Enzyme engineering aspects of biocatalysis: Cofactor regeneration as example

Abstract

Reaction engineering is an important tool in the case of cofactor depending enzyme-catalyzed reactions. It allows the establishment of conditions resulting in lower product specific cofactor costs as compared with product-specific enzyme costs. This is shown for the stereospecific reduction of carbonyl compounds yielding chiral amino acids and alcohols. In continuous processes, cofactor costs can be reduced if the cofactor can be retained within the bioreactor or recycled into it after separation of the product. In case of readily water-soluble substrates it is even possible to recycle the cofactor during a single pass through a continuously operated reactor more than 4000 times because normally very low cofactor concentrations are sufficient to saturate the enzymes involved. L-tert-Leucine has been produced by reductive amination with a space-time yield of up to 366 g L(-1) d(-1) in a single continuously operated enzyme membrane reactor and a two-stage cascade.
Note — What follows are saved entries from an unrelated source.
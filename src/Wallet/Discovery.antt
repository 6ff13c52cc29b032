-- ===== src/Wallet/Discovery.antt =====
-- packages/jellyfish-wallet/src/wallet.ts: what is discovered is all that is in use without a gap.
use jellyfishsdk.Prelude.{
  ℕ, zero, suc, ◌+◌, ◌≤◌, ◌≡◌, ◌⊎◌, inl, inr, refl, arith, List, [], ◌∷◌, length, map, All, ap, sym,
  subst, Error, Bool, true, false, Result, ok, err, ◌>>=◌,
}
use jellyfishsdk.Wallet.{JellyfishWallet, get, is_usable, discover_from, discover}

-- Numbers from `i` on.
abbrev pub indices : ℕ → ℕ → List ℕ
indices i zero = []
indices i (suc n) = i ∷ indices (suc i) n

module _ {HdNode Account : Type 0} (wallet : JellyfishWallet HdNode Account) where
  abbrev pub IsActive : ℕ → Type 0
  IsActive i = wallet.providers.is_active (get wallet i) ≡ ok true

  -- Accounts in use from `i` on, all of them that stand before one that is not, or `rounds`.
  abbrev pub IsRun : ℕ → ℕ → List Account → Type 0
  IsRun rounds i accounts =
      (accounts ≡ map (get wallet) (indices i (length accounts)))
      × All IsActive (indices i (length accounts))
      × (length accounts ≤ rounds)
      × ((length accounts ≡ rounds)
          ⊎ (wallet.providers.is_active (get wallet (i + length accounts)) ≡ ok false))

  abbrev IsRunOrThrown : ℕ → ℕ → Result (List Account) → Type 0
  IsRunOrThrown rounds i (ok accounts) = IsRun rounds i accounts
  IsRunOrThrown rounds i (err e) = Unit

  found_active :
      (rounds i : ℕ)
      → IsActive i
      → discover_from wallet (suc rounds) i
        ≡ (discover_from wallet rounds (suc i) >>= λ rest. ok (get wallet i ∷ rest))
  unfolding discover_from
  found_active rounds i e = rw (e, discover_from)

  found_inactive :
      (rounds i : ℕ)
      → wallet.providers.is_active (get wallet i) ≡ ok false
      → discover_from wallet (suc rounds) i ≡ ok []
  unfolding discover_from
  found_inactive rounds i e = rw (e, discover_from)

  found_error :
      (rounds i : ℕ) (thrown : Error)
      → wallet.providers.is_active (get wallet i) ≡ err thrown
      → discover_from wallet (suc rounds) i ≡ err thrown
  unfolding discover_from
  found_error rounds i thrown e = rw (e, discover_from)

  run_longer :
      (rounds i : ℕ) (r : Result (List Account))
      → IsActive i
      → IsRunOrThrown rounds (suc i) r
      → IsRunOrThrown (suc rounds) i (r >>= λ rest. ok (get wallet i ∷ rest))
  run_longer rounds i (err e) active h = tt
  run_longer rounds i (ok accounts) active (same, all, le, inl e) =
      (ap (λ xs. get wallet i ∷ xs) same, (active, all), omega arith, inl (ap suc e))
  run_longer rounds i (ok accounts) active (same, all, le, inr e) =
      let there : i + suc (length accounts) ≡ suc i + length accounts = omega arith in
      (ap (λ xs. get wallet i ∷ xs) same, (active, all), omega arith, inr (rw there e))

  discover_from-IsRunOrThrown :
      (rounds i : ℕ) → IsRunOrThrown rounds i (discover_from wallet rounds i)
  unfolding discover_from
  discover_from-IsRunOrThrown zero i = (refl, tt, omega arith, inl refl)
  discover_from-IsRunOrThrown (suc rounds) i =
      go (wallet.providers.is_active (get wallet i)) refl
        (discover_from-IsRunOrThrown rounds (suc i))
    where
      go :
          (r : Result Bool)
          → wallet.providers.is_active (get wallet i) ≡ r
          → IsRunOrThrown rounds (suc i) (discover_from wallet rounds (suc i))
          → IsRunOrThrown (suc rounds) i (discover_from wallet (suc rounds) i)
      go (ok true) e h =
          subst (IsRunOrThrown (suc rounds) i) (sym (found_active rounds i e))
            (run_longer rounds i (discover_from wallet rounds (suc i)) e h)
      go (ok false) e h =
          subst (IsRunOrThrown (suc rounds) i) (sym (found_inactive rounds i e))
            (refl, tt, omega arith, inr (let same : i + 0 ≡ i = omega arith in rw same e))
      go (err thrown) e h =
          subst (IsRunOrThrown (suc rounds) i) (sym (found_error rounds i thrown e)) tt

  usable_from :
      (i n : ℕ)
      → All IsActive (indices i n)
      → All (λ j. is_usable wallet j ≡ ok true) (indices (suc i) n)
  unfolding is_usable
  usable_from i zero h = tt
  usable_from i (suc n) (a, h) = (a, usable_from (suc i) n h)

  -- The discovered accounts are the first ones in their order, each in use, up to the first one that
  -- is not or the maximum. They and the one behind them are usable. So the first account is not
  -- discovered, and none is, where it is not in use: the comment of the source says that it always
  -- is.
  pub discover_lem :
      (max_accounts : ℕ) (accounts : List Account)
      → discover wallet max_accounts ≡ ok accounts
      → IsRun max_accounts 0 accounts
        × All (λ i. is_usable wallet i ≡ ok true) (indices 0 (suc (length accounts)))
  unfolding discover is_usable
  discover_lem max_accounts accounts e =
      let run : IsRun max_accounts 0 accounts =
        subst (IsRunOrThrown max_accounts 0) e (discover_from-IsRunOrThrown max_accounts 0) in
      (run, (refl, usable_from 0 (length accounts) run.1))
Total turnover number of the cofactor NAD(+) increased to 4230. (S)-1-Phenyl-2-propanol was obtained by reduction of the corresponding ketone in an membrane reactor with integrated extraction of the product. A new alcohol dehydrogenase from Rhodococcus erythropolis was used. A space-time yield of 63 g L(-1) d(-1) and a total turnover number of 1350 have been reached. L-Leucine has been produced using polymer-enlarged NADH. The total turnover number was 80,000 at a space-time yield of 214 g L(-1) d(-1).